Baltimore Sun Sunday

Militia accused of plot to bomb Kansas Somalis

- By Eric Tucker and Roxana Hegeman

WICHITA, Kan. — Three members of a Kansas militia group are accused of plotting to bomb an apartment complex that’s home to Somali immigrants in the western Kansas meatpackin­g town of Garden City, a thwarted attack prosecutor­s say was planned for the day after the November election.

A complaint unsealed Friday charges Curtis Wayne Allen, 49; Patrick Eugene Stein, 47; and Gavin Wayne Wright, 49, with conspiring to use a weapon of mass destructio­n. The men are members of a small militia group that calls itself “the Crusaders,” and whose members espouse sovereign citizen, anti-government, anti-Muslim and anti-immigrant extremist beliefs, according to the complaint.

Prosecutor­s said the men don’t yet have attorneys. Their first court appearance is Monday.

The arrests were the culminatio­n of an eight-month FBI investigat­ion “deep into a hidden culture of hatred and violence,” Acting U.S. Attorney Tom Beall said.

The complaint alleges group members chose the target based on their hatred of Muslims, people of Somali descent and immigrants — and out of a desire to inspire other militia groups and “wake people up.”
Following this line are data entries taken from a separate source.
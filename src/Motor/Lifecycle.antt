-- ===== src/Motor/Lifecycle.antt =====
-- The constructors and destructors of TmlController and TmlAxis, `configAxis` and `TmlAxisConfig`,
-- and how the device path is passed on.
use technosoft_tml_motor.Prelude.{
  ℕ, zero, suc, Bool, true, false, Option, none, some, [], if◌then◌else◌, take, replicate, codes,
}
use technosoft_tml_motor.Prelude.Int.{ℤ, pos, negsuc}
use technosoft_tml_motor.Prelude.State.{◌>>=◌, ◌>>◌, pure}
use technosoft_tml_motor.VarMap.{Name}
use technosoft_tml_motor.Channel.Address.{has_byte}
use technosoft_tml_motor.Channel.Open.{channel_xport_ip}
use technosoft_tml_motor.Motor.Calls.{Calls}
use technosoft_tml_motor.Motor.Axis.{Axis, Params, Controller, Io, call, act}
use technosoft_tml_motor.Motor.Status.{set_conn_status}
use technosoft_tml_motor.Motor.Commands.{configure}
use technosoft_tml_motor.Api.Real.{Real}

abbrev pub channel_rs232 : ℕ
channel_rs232 = 0

-- `tmlChannelType`: a path with no `/` is an address.
unfoldable pub channel_type : Name → ℕ
unfolding has_byte
channel_type path = if has_byte b'/' path then channel_rs232 else channel_xport_ip

-- `devicePath_` and `tmlDevName`, with buffers of 256 bytes.
abbrev pub dev_name : Name → Name
dev_name path = take 255 path

-- `baudRate > 0 ? baudRate : 9600`.
abbrev pub baud_or_default : ℤ → ℕ
baud_or_default (pos zero) = 9600
baud_or_default (pos (suc n)) = suc n
baud_or_default (negsuc n) = 9600

-- The constructor of TmlAxis; `p` is what the parameters were before.
unfoldable pub new_axis : Params → Axis
new_axis p = record {
  axis_id = 0;
  setup_file = [];
  setup_idx = none;
  configured = false;
  activated = false;
  powered = false;
  homing_active = false;
  homing_move_seen = false;
  homing_toward_lsp = false;
  stopping = false;
  use_lsp = false;
  ignore_lsp = false;
  ignore_lsn = false;
  scr_value = pos 0;
  needs_reinit = false;
  countdown = 0;
  backoff = 1;
  poll_count = 0;
  params = record p { active = false; fault_text = codes "Not initialized" };
}

module _ (F : Real) (C : Calls F.R) where
  abbrev pub unconnected : ℕ → Params → C.St → Controller C
  unconnected count p s = record {
    channel_fd = none;
    last_reconnect = 0;
    conn_ok = none;
    axes = replicate count (new_axis p);
    lib = s;
  }

  unfoldable pub connected_as : Option ℕ → Io C Bool
  connected_as none g =
      (set_conn_status C false (C.error_text g.lib) >> pure false)
        (record g { channel_fd = none; last_reconnect = C.now g.lib })
  connected_as (some fd) g =
      (set_conn_status C true [] >> pure true)
        (record g { channel_fd = some fd; last_reconnect = C.now g.lib })

  -- The constructor of TmlController. The axes, which it makes at its end, are made first here: their
  -- constructors set other parameters than `setConnStatus`.
  unfoldable pub new_controller : ℕ → Params → C.St → Controller C
  unfolding connected_as new_axis
  new_controller count p s =
      ((do fd ← call C C.open_channel; connected_as fd) (unconnected count p s)).1

  -- The destructors. An axis in use is switched off, whatever comes of it.
  unfoldable pub release_axis : Axis → Option ℕ → Io C (Unit {0})
  release_axis a none g = (tt, g)
  release_axis a (some fd) g =
      if a.configured
      then (do
        call C (C.select_channel fd)
        call C (C.select_axis a.axis_id)
        call C (C.power false)
        pure tt)
          g
      else (tt, g)

  unfoldable pub release_controller : Option ℕ → Io C (Unit {0})
  release_controller none g = (tt, g)
  release_controller (some fd) g = act C (C.close_channel fd) g

  -- `configAxis`: a number below 0 or beyond the axes is refused.
  unfoldable pub config_axis : ℤ → ℕ → Name → Name → Bool → Bool → ℤ → Io C Bool
  unfolding configure
  config_axis (negsuc n) axis_id setup_file homing_switch ignore_lsp ignore_lsn scr_value =
      pure false
  config_axis (pos i) axis_id setup_file homing_switch ignore_lsp ignore_lsn scr_value =
      configure F C i axis_id setup_file homing_switch ignore_lsp ignore_lsn scr_value

  -- `TmlAxisConfig` on the port that `findAsynPortDriver` gives.
  unfoldable pub axis_config :
      Option (Controller C) → ℤ → ℕ → Name → Name → Bool → Bool → ℤ → Option (Bool × Controller C)
  unfolding config_axis
  axis_config none i axis_id setup_file homing_switch ignore_lsp ignore_lsn scr_value = none
  axis_config (some g) i axis_id setup_file homing_switch ignore_lsp ignore_lsn scr_value =
      some (config_axis i axis_id setup_file homing_switch ignore_lsp ignore_lsn scr_value g)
The FBI began a domestic terrorism investigat­ion of the group in February, and a confidenti­al source attended its meetings in southweste­rn Kansas.

In a June meeting, Stein brought up the Orlando nightclub shooting and proposed carrying out a similar attack against Muslim refugees in Garden City, according to the complaint. They ultimately decided to target the apartment complex because of the number of Somalis who lived there and the fact that one of the apartments was used as a mosque. The complex houses about 120 Somali residents, Beall said.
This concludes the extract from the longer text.